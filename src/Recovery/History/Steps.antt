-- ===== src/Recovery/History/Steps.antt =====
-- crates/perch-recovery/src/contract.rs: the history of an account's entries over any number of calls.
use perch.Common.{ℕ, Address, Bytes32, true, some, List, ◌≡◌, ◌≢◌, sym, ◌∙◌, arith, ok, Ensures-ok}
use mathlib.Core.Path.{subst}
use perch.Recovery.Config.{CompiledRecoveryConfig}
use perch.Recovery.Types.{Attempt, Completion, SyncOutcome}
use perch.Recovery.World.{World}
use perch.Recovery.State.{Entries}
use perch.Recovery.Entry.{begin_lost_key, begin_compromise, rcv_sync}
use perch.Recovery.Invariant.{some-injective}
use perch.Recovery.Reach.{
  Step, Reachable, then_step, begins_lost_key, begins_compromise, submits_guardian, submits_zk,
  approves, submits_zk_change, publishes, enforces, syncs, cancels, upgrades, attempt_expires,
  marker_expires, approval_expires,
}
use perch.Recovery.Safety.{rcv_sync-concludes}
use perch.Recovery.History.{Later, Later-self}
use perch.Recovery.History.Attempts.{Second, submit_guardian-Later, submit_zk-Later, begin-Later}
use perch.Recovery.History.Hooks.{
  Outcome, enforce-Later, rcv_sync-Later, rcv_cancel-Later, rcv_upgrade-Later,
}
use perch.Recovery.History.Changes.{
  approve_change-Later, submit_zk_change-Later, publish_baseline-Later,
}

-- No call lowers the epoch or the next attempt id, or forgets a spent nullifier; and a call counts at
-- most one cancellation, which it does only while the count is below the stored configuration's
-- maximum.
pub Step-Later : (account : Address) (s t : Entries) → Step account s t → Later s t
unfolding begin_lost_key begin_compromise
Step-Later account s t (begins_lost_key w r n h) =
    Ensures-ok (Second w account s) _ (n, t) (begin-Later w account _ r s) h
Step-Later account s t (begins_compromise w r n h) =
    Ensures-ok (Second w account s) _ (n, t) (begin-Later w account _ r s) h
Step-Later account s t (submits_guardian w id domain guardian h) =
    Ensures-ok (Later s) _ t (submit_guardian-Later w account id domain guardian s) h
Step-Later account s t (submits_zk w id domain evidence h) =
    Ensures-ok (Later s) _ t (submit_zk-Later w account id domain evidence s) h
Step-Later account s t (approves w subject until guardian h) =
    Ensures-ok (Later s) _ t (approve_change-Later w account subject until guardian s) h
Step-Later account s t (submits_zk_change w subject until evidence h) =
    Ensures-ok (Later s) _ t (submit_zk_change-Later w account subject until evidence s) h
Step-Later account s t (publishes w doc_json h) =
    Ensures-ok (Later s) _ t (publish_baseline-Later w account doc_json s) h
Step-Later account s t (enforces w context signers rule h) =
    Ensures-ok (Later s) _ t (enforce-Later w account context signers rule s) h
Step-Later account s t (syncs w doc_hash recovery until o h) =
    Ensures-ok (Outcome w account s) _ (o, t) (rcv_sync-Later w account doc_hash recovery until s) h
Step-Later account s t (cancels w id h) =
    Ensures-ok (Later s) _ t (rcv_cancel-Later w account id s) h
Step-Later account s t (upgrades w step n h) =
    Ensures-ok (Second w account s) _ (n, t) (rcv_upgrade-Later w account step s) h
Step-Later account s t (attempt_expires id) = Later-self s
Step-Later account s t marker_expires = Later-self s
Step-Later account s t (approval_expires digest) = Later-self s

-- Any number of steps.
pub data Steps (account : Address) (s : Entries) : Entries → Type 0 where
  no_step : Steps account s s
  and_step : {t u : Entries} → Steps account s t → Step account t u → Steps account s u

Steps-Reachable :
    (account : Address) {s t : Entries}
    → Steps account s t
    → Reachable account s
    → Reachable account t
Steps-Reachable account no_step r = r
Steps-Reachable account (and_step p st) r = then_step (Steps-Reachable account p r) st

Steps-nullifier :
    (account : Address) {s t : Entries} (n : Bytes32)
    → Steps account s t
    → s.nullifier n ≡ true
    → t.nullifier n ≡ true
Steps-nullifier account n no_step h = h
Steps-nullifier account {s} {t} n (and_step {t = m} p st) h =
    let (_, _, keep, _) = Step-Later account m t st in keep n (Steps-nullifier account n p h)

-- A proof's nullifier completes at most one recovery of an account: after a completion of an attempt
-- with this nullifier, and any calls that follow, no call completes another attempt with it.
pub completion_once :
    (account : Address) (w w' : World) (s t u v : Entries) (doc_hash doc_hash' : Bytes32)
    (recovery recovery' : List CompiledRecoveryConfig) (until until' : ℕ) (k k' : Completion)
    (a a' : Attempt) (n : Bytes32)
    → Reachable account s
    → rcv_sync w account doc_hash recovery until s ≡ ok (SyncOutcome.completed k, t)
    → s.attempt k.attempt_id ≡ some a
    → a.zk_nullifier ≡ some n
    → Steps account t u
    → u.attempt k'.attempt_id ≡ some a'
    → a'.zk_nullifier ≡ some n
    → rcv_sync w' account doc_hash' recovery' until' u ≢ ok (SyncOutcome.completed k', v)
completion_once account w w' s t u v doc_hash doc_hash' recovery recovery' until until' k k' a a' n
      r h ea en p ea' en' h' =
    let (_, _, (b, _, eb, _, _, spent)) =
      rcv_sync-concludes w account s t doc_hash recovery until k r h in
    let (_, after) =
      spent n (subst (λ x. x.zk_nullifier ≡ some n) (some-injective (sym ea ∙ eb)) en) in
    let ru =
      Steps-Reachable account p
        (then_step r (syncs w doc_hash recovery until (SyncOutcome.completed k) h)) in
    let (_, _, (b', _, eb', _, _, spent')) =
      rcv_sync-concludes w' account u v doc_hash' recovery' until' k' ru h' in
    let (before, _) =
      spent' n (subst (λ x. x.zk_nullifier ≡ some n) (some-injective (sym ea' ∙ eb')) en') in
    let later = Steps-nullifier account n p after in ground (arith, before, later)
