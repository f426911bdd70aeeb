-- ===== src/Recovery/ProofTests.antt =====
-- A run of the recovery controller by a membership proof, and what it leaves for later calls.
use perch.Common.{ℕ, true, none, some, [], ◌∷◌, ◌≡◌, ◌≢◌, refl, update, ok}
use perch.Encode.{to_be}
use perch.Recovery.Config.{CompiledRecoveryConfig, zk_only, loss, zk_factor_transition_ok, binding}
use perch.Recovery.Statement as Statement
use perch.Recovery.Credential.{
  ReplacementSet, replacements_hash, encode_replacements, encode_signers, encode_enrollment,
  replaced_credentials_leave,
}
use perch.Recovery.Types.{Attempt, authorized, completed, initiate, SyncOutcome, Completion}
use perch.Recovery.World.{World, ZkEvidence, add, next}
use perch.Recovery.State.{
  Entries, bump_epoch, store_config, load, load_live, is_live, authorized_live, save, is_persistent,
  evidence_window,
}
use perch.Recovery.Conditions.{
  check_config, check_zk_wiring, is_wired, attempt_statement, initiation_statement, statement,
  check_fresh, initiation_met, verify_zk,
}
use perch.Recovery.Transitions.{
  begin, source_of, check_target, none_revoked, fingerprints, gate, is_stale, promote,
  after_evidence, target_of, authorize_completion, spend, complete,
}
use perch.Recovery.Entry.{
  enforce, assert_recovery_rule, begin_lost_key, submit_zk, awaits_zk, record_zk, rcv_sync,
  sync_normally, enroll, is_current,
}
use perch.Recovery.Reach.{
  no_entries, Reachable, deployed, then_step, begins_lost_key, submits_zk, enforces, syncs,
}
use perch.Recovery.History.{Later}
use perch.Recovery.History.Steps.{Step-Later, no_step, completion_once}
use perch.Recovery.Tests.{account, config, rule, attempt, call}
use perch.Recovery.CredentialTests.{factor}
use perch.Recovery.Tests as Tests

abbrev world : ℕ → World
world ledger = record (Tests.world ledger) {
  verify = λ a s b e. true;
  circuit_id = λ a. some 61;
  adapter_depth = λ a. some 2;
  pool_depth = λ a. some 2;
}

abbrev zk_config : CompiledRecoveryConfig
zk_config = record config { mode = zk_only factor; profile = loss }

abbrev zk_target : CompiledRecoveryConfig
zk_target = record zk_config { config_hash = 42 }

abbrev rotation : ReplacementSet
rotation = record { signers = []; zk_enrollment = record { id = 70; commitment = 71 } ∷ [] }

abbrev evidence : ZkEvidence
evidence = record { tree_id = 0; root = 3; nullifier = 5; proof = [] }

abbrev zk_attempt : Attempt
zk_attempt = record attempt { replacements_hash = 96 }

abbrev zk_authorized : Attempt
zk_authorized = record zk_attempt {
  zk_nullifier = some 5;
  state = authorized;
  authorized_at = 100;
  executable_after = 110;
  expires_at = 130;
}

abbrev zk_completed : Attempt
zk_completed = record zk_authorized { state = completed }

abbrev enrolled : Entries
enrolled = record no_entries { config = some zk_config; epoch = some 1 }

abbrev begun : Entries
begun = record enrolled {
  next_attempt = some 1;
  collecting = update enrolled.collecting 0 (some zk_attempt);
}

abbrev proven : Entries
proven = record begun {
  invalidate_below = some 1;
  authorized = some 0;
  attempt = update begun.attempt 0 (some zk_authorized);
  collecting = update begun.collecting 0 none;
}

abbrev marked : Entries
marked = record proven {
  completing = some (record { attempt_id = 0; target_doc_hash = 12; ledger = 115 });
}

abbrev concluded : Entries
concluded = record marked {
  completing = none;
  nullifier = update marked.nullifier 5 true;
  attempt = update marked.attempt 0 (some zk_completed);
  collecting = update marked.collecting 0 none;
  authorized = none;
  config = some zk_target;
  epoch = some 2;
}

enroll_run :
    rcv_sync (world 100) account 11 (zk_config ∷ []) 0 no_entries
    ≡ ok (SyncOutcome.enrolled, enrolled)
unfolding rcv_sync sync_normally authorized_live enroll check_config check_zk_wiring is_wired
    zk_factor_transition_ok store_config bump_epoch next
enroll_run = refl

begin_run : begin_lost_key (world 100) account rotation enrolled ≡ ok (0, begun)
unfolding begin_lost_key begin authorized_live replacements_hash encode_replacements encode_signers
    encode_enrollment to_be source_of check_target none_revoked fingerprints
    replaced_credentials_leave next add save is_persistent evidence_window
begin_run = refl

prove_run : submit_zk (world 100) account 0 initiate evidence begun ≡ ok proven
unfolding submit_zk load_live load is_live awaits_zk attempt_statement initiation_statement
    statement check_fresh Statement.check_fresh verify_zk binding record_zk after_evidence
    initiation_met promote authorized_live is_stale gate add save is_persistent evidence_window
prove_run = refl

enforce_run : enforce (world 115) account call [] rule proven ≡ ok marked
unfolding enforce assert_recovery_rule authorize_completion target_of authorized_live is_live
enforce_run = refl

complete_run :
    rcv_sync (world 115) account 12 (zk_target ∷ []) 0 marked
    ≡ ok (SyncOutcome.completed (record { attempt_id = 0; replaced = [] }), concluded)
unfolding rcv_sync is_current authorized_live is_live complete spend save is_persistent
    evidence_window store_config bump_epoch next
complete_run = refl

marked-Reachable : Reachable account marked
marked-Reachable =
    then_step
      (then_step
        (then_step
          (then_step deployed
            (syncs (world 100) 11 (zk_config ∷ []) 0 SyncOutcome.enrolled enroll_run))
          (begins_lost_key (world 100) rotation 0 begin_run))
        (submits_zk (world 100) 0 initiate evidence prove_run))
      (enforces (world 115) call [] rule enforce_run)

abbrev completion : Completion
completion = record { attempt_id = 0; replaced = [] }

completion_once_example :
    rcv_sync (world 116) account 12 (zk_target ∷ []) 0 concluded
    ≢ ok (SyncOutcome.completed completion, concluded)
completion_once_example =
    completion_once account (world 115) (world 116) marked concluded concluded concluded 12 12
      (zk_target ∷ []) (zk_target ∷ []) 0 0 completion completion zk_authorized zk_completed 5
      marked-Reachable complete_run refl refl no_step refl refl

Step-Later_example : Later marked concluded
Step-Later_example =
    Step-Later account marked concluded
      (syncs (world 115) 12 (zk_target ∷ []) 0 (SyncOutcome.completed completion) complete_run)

————

Your goal>
Every line of the material above that includes the string "enrolled" is required.

Written solution>
abbrev enrolled : Entries
enrolled = record no_entries { config = some zk_config; epoch = some 1 }
begun = record enrolled {
  collecting = update enrolled.collecting 0 (some zk_attempt);
    ≡ ok (SyncOutcome.enrolled, enrolled)
begin_run : begin_lost_key (world 100) account rotation enrolled ≡ ok (0, begun)
            (syncs (world 100) 11 (zk_config ∷ []) 0 SyncOutcome.enrolled enroll_run))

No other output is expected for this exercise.